TRY IT: In the records below, find the line that contains "(plan : UpdatePlan) (disk : Disk) → load_plan" and the line that contains "now ≡ some prior", then retype exactly those two lines and every line between them.

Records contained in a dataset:
______________________________

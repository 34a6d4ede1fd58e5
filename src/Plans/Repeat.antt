-- ===== src/Plans/Repeat.antt =====
-- A check that is repeated while its plan lives gets a plan that is stored already.
use mathlib.Core.List.{reverse-append, reverse-reverse}
use relkit.Prelude.{
  subst, eqb_ℤ_iff, Bool, true, false, ◌&&◌, Option, none, some, List, [], ◌∷◌, ℤ, ◌+ℤ◌, ◌<ℤ◌, Str,
  str, ◌==◌, ==-refl, eq_of_==, eq_iff, ◌≡◌, inl, inr, refl, sym, ◌∙◌, ap, In, here, there, arith,
  ltb_str, Bool-cases, false≢true, if◌then◌else◌,
}
use relkit.Prelude.Text.{has_suffix, trim_prefix, trim_suffix}
use relkit.Prelude.Sorting.{sort_by, In-sort_by}
use relkit.Inprocess.{UpdateAvailable}
use relkit.Plans.{
  plan_file_ready, to_lower, not, PlannedFile, UpdatePlan, Entry, Disk, plan_ttl, listing, id_of,
  file_of, find_entry, load_plan, same_file, same_plan_files, equal_fold,
}
use relkit.Plans.Filename.{validate_artifact_filename}
use relkit.Plans.Build.{
  Sealing, hmac_plan, verify_plan, read_names, with_id, list_dir, is_current, answers, qualified,
  reusable_plan, refresh_file, refresh_files, refresh_plan, planned_file, fresh_plan, reuse_or,
  sealed, put_entry, save_plan, issued, saved, build_plan,
}
use relkit.Plans.Reuse.{reusable_plan-qualified, reusable_plan-best}

-- `.pb` is cut off the name of a plan's file.
id_of-file_of : (id : Str) → id_of (file_of id) ≡ some id
unfolding id_of has_suffix trim_suffix trim_prefix
id_of-file_of id = rw (reverse-append id (str ".pb")) (ap some (reverse-reverse id))

find-put :
    (name : Str) (plan : UpdatePlan) (entries : List (Entry UpdatePlan))
    → find_entry name (put_entry name plan entries) ≡ some plan
unfolding find_entry put_entry
find-put name plan [] = rw (==-refl name) refl
find-put name plan (e ∷ rest) = elim (Bool-cases (e.name == name)) [
  | inl h ↦ rw (h, h) refl
  | inr h ↦ rw (h, h) (find-put name plan rest)
]

In-with_id : {id : Str} (o : Option Str) (ids : List Str) → In id ids → In id (with_id o ids)
unfolding with_id
In-with_id none ids i = i
In-with_id (some x) ids i = there i

In-read_names-put :
    (id : Str) (plan : UpdatePlan) (entries : List (Entry UpdatePlan))
    → In id (read_names (put_entry (file_of id) plan entries))
unfolding read_names put_entry with_id
In-read_names-put id plan [] = rw (id_of-file_of id) (here refl)
In-read_names-put id plan (e ∷ rest) = elim (Bool-cases (e.name == file_of id)) [
  | inl h ↦ rw (h, eq_of_== e.name (file_of id) h, id_of-file_of id) (here refl)
  | inr h ↦ rw h (In-with_id (id_of e.name) _ (In-read_names-put id plan rest))
]

-- Where there is a record with the name, it is replaced, and the names stay.
read_names-put :
    (name : Str) (plan found : UpdatePlan) (entries : List (Entry UpdatePlan))
    → find_entry name entries ≡ some found
    → read_names (put_entry name plan entries) ≡ read_names entries
unfolding read_names put_entry find_entry
read_names-put name plan found [] e = cc
read_names-put name plan found (x ∷ rest) e = elim (Bool-cases (x.name == name)) [
  | inl h ↦ rw (h, put_entry) refl
  | inr h ↦
      rw (h, put_entry)
        (ap (with_id (id_of x.name))
          (read_names-put name plan found rest (rw (h, find_entry) at e)))
]

same_file_trans :
    (a b c : PlannedFile) → same_file a b ≡ true → same_file b c ≡ true → same_file a c ≡ true
unfolding same_file equal_fold
same_file_trans a b c h k = ground (
  arith,
  eq_iff a.name b.name,
  eq_iff b.name c.name,
  eq_iff a.name c.name,
  eq_iff a.kind b.kind,
  eq_iff b.kind c.kind,
  eq_iff a.kind c.kind,
  eq_iff (to_lower a.sha256_hex) (to_lower b.sha256_hex),
  eq_iff (to_lower b.sha256_hex) (to_lower c.sha256_hex),
  eq_iff (to_lower a.sha256_hex) (to_lower c.sha256_hex),
)

refresh_file-same :
    (disk : Disk) (f fresh g : PlannedFile)
    → same_file (refresh_file disk f fresh) g ≡ same_file f g
unfolding same_file refresh_file
refresh_file-same disk f fresh g =
    elim (Bool-cases (f.downloaded && not (plan_file_ready disk f))) [
      | inl h ↦ rw h refl
      | inr h ↦ rw h refl
    ]

-- The files of a plan for one artifact, refreshed, are still those of the artifact.
refresh_files-same :
    (disk : Disk) (files : List PlannedFile) (one two : PlannedFile)
    → same_plan_files files (one ∷ []) ≡ true
    → same_file one two ≡ true
    → same_plan_files (refresh_files disk files (one ∷ [])) (two ∷ []) ≡ true
unfolding same_plan_files refresh_files
refresh_files-same disk [] one two h k = absurd (false≢true h)
refresh_files-same disk (f ∷ []) one two h k =
    rw (refresh_file-same disk f one two, same_file_trans f one two (same (same_file f one) h) k)
      refl
  where
    same : (b : Bool) → (if b then true else false) ≡ true → b ≡ true
    same true e = refl
    same false e = absurd (false≢true e)
refresh_files-same disk (f ∷ g ∷ files) one two h k = absurd (never (same_file f one) h)
  where
    never : (b : Bool) → (if b then false else false) ≡ true → ⊥
    never true e = false≢true e
    never false e = false≢true e

-- Checks of one product on one channel, on one machine.
module _ (s : Sealing) (key product channel : Str) where
  -- The new check finds the same version and the same bytes as the old one.
  pub record IsSameTarget (old new : UpdateAvailable) : Type 0 where
    pub same_code : new.target.code ≡ old.target.code
    pub same_bytes : same_file (planned_file old.artifact) (planned_file new.artifact) ≡ true

  refreshed-answers :
      (id id2 : Str) (old new : UpdateAvailable) (now later : ℤ) (disk : Disk) (p : UpdatePlan)
      → answers (fresh_plan id product channel old now) p ≡ true
      → IsSameTarget old new
      → answers
          (fresh_plan id2 product channel new later)
          (sealed s key (refresh_plan disk p (fresh_plan id product channel old now)))
        ≡ true
  unfolding answers sealed fresh_plan refresh_plan
  refreshed-answers id id2 old new now later disk p a same = ground (
    arith,
    refresh_files-same disk p.files (planned_file old.artifact) (planned_file new.artifact),
    same.same_bytes,
    same.same_code,
    eqb_ℤ_iff p.code old.target.code,
    eqb_ℤ_iff p.code new.target.code,
  )

  fresh-answers :
      (id id2 : Str) (old new : UpdateAvailable) (now later : ℤ)
      → IsSameTarget old new
      → answers
          (fresh_plan id2 product channel new later)
          (sealed s key (fresh_plan id product channel old now))
        ≡ true
  unfolding answers sealed fresh_plan same_plan_files
  fresh-answers id id2 old new now later same =
      rw (==-refl product, ==-refl channel, same.same_bytes)
        (ground (arith, eqb_ℤ_iff old.target.code new.target.code, same.same_code))

  -- What makes a stored plan reusable, apart from its name and its expiry.
  verify-sealed : (plan : UpdatePlan) → verify_plan s key (sealed s key plan) ≡ true
  unfolding verify_plan sealed hmac_plan
  verify-sealed plan = ==-refl (hmac_plan s key plan)

  qualified-answers :
      (want p : UpdatePlan) (now : ℤ) (id : Str)
      → qualified s key want now id p ≡ true
      → (p.plan_id ≡ id) × (answers want p ≡ true)
  unfolding qualified
  qualified-answers want p now id h = (ground (arith, eq_iff p.plan_id id), ground arith)

  issued-answers :
      (id id2 : Str) (old new : UpdateAvailable) (now later : ℤ) (disk : Disk)
      (o : Option UpdatePlan)
      → ((p : UpdatePlan) → o ≡ some p → answers (fresh_plan id product channel old now) p ≡ true)
      → IsSameTarget old new
      → answers
          (fresh_plan id2 product channel new later)
          (sealed s key (reuse_or disk o (fresh_plan id product channel old now)))
        ≡ true
  unfolding reuse_or
  issued-answers id id2 old new now later disk none h same =
      fresh-answers id id2 old new now later same
  issued-answers id id2 old new now later disk (some p) h same =
      refreshed-answers id id2 old new now later disk p (h p refl) same

  issued-is_current :
      (id : Str) (old : UpdateAvailable) (now later : ℤ) (disk : Disk) (o : Option UpdatePlan)
      → later <ℤ now +ℤ plan_ttl
      → is_current later
          (sealed s key (reuse_or disk o (fresh_plan id product channel old now))).expires_at
        ≡ true
  unfolding is_current sealed reuse_or refresh_plan fresh_plan
  issued-is_current id old now later disk none t = ground arith
  issued-is_current id old now later disk (some p) t = ground arith

  -- The plan that a check issues qualifies for the next one while it lives.
  issued-qualified :
      (id id2 : Str) (old new : UpdateAvailable) (now later : ℤ) (disk : Disk)
      (o : Option UpdatePlan)
      → ((p : UpdatePlan) → o ≡ some p → answers (fresh_plan id product channel old now) p ≡ true)
      → IsSameTarget old new
      → later <ℤ now +ℤ plan_ttl
      → qualified s key
          (fresh_plan id2 product channel new later)
          later
          (sealed s key (reuse_or disk o (fresh_plan id product channel old now))).plan_id
          (sealed s key (reuse_or disk o (fresh_plan id product channel old now)))
        ≡ true
  unfolding qualified
  issued-qualified id id2 old new now later disk o h same t =
      let plan = reuse_or disk o (fresh_plan id product channel old now) in
      rw
        (
          ==-refl (sealed s key plan).plan_id,
          verify-sealed plan,
          issued-is_current id old now later disk o t,
          issued-answers id id2 old new now later disk o h same,
        )
        refl

  -- What is stored under the id of a saved plan.
  load-save :
      (plan : UpdatePlan) (disk : Disk) → load_plan plan.plan_id (save_plan plan disk) ≡ some plan
  unfolding load_plan save_plan
  load-save plan disk = find-put (file_of plan.plan_id) plan (listing disk.plans)

  In-save : (plan : UpdatePlan) (disk : Disk) → In plan.plan_id (list_dir (save_plan plan disk))
  unfolding list_dir save_plan
  In-save plan disk =
      In-sort_by ltb_str _ (In-read_names-put plan.plan_id plan (listing disk.plans))

  list_dir-save :
      (plan found : UpdatePlan) (disk : Disk)
      → load_plan plan.plan_id disk ≡ some found
      → list_dir (save_plan plan disk) ≡ list_dir disk
  unfolding list_dir save_plan load_plan
  list_dir-save plan found disk e =
      ap (sort_by ltb_str) (read_names-put (file_of plan.plan_id) plan found (listing disk.plans) e)

  issued-plan_id :
      (fresh prior : UpdatePlan) (now : ℤ) (disk : Disk)
      → reusable_plan s disk key fresh now ≡ some prior
      → (issued s key fresh now disk).plan_id ≡ prior.plan_id
  unfolding issued sealed reuse_or refresh_plan
  issued-plan_id fresh prior now disk e = rw (e, reuse_or) refl

  -- A second plan for the same target, on the disk that the first one left.
  reissued :
      (id id2 : Str) (old new : UpdateAvailable) (now later : ℤ) (disk : Disk)
      → IsSameTarget old new
      → later <ℤ now +ℤ plan_ttl
      → (first : UpdatePlan) → first ≡ issued s key (fresh_plan id product channel old now) now disk
      → (second : UpdatePlan)
      → second
        ≡ issued s key (fresh_plan id2 product channel new later) later (save_plan first disk)
      → In second.plan_id (list_dir (save_plan first disk))
        × (list_dir (save_plan second (save_plan first disk)) ≡ list_dir (save_plan first disk))
  unfolding issued
  reissued id id2 old new now later disk same t first e second d =
      let fresh = fresh_plan id product channel old now in
      let want = fresh_plan id2 product channel new later in
      let after = save_plan first disk in
      let answered : (p : UpdatePlan)
          → reusable_plan s disk key fresh now ≡ some p
          → answers fresh p ≡ true =
        λ p w.
          let (i, j, l, h) = reusable_plan-qualified s disk key fresh now p w in
          (qualified-answers fresh p now i h).1 in
      let fits : qualified s key want later first.plan_id first ≡ true =
        subst (λ q. qualified s key want later q.plan_id q ≡ true) (sym e)
          (issued-qualified id id2 old new now later disk (reusable_plan s disk key fresh now)
            answered same t) in
      let (prior, w, b) =
        reusable_plan-best s after key want later first.plan_id first (In-save first disk)
          (load-save first disk) fits in
      let (i, j, l, h) = reusable_plan-qualified s after key want later prior w in
      let named : second.plan_id ≡ i =
        ap (λ q. q.plan_id) d
        ∙ issued-plan_id want prior later after w
        ∙ (qualified-answers want prior later i h).0 in
      (
        subst (λ x. In x (list_dir after)) (sym named) j,
        list_dir-save second prior after
            (subst (λ x. load_plan x after ≡ some prior) (sym named) l),
      )

  opened :
      (valid : Bool) (plan result : UpdatePlan) (disk after : Disk)
      → ◌≡◌ {A = Option (UpdatePlan × Disk)}
          (if valid then some (saved plan disk) else none)
          (some (result, after))
      → (result ≡ plan) × (after ≡ save_plan result disk)
  unfolding saved
  opened true plan result disk after e = (sym (ap first_of (some_inj e)), second_of (some_inj e))
    where
      some_inj :
          {x y : UpdatePlan × Disk} → ◌≡◌ {A = Option (UpdatePlan × Disk)} (some x) (some y) → x ≡ y
      some_inj p = cc

      first_of : UpdatePlan × Disk → UpdatePlan
      first_of x = x.0

      second_of :
          ◌≡◌ {A = UpdatePlan × Disk} (plan, save_plan plan disk) (result, after)
          → after ≡ save_plan result disk
      second_of p = sym (ap (λ x. x.1) p) ∙ ap (λ x. save_plan x disk) (ap (λ x. x.0) p)
  opened false plan result disk after e = absurd (none_is_some e)
    where
      none_is_some :
          {x : UpdatePlan × Disk} → ◌≡◌ {A = Option (UpdatePlan × Disk)} none (some x) → ⊥
      none_is_some p = cc

  -- If one `buildPlan` succeeds, and a second one on the disk that it left, within `PlanTTL` and
  -- for the same product, channel, code and artifact bytes, succeeds too, then the second plan
  -- has the id of a plan that was stored already, and the ids of the stored plans stay the same:
  -- a check that is repeated adds no plan.
  pub build_plan-repeated :
      (id id2 : Str) (old new : UpdateAvailable) (now later : ℤ) (disk after last : Disk)
      (first second : UpdatePlan)
      → IsSameTarget old new
      → later <ℤ now +ℤ plan_ttl
      → build_plan s key id product channel old now disk ≡ some (first, after)
      → build_plan s key id2 product channel new later after ≡ some (second, last)
      → In second.plan_id (list_dir after) × (list_dir last ≡ list_dir after)
  unfolding build_plan
  build_plan-repeated id id2 old new now later disk after last first second same t e d =
      let (a, b) = opened (validate_artifact_filename old.artifact.filename) _ first disk after e in
      let (x, y) =
        opened (validate_artifact_filename new.artifact.filename) _ second after last d in
      let (i, l) = reissued id id2 old new now later disk same t first a second (
        subst (λ z. second ≡ issued s key (fresh_plan id2 product channel new later) later z) b
          x) in
      (
        subst (λ z. In second.plan_id (list_dir z)) (sym b) i,
        ap list_dir y ∙ ap (λ z. list_dir (save_plan second z)) b ∙ l ∙ ap list_dir (sym b),
      )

______________________________

WORKED SOLUTION:
      (plan : UpdatePlan) (disk : Disk) → load_plan plan.plan_id (save_plan plan disk) ≡ some plan
  unfolding load_plan save_plan
  load-save plan disk = find-put (file_of plan.plan_id) plan (listing disk.plans)

  In-save : (plan : UpdatePlan) (disk : Disk) → In plan.plan_id (list_dir (save_plan plan disk))
  unfolding list_dir save_plan
  In-save plan disk =
      In-sort_by ltb_str _ (In-read_names-put plan.plan_id plan (listing disk.plans))

  list_dir-save :
      (plan found : UpdatePlan) (disk : Disk)
      → load_plan plan.plan_id disk ≡ some found
      → list_dir (save_plan plan disk) ≡ list_dir disk
  unfolding list_dir save_plan load_plan
  list_dir-save plan found disk e =
      ap (sort_by ltb_str) (read_names-put (file_of plan.plan_id) plan found (listing disk.plans) e)

  issued-plan_id :
      (fresh prior : UpdatePlan) (now : ℤ) (disk : Disk)
      → reusable_plan s disk key fresh now ≡ some prior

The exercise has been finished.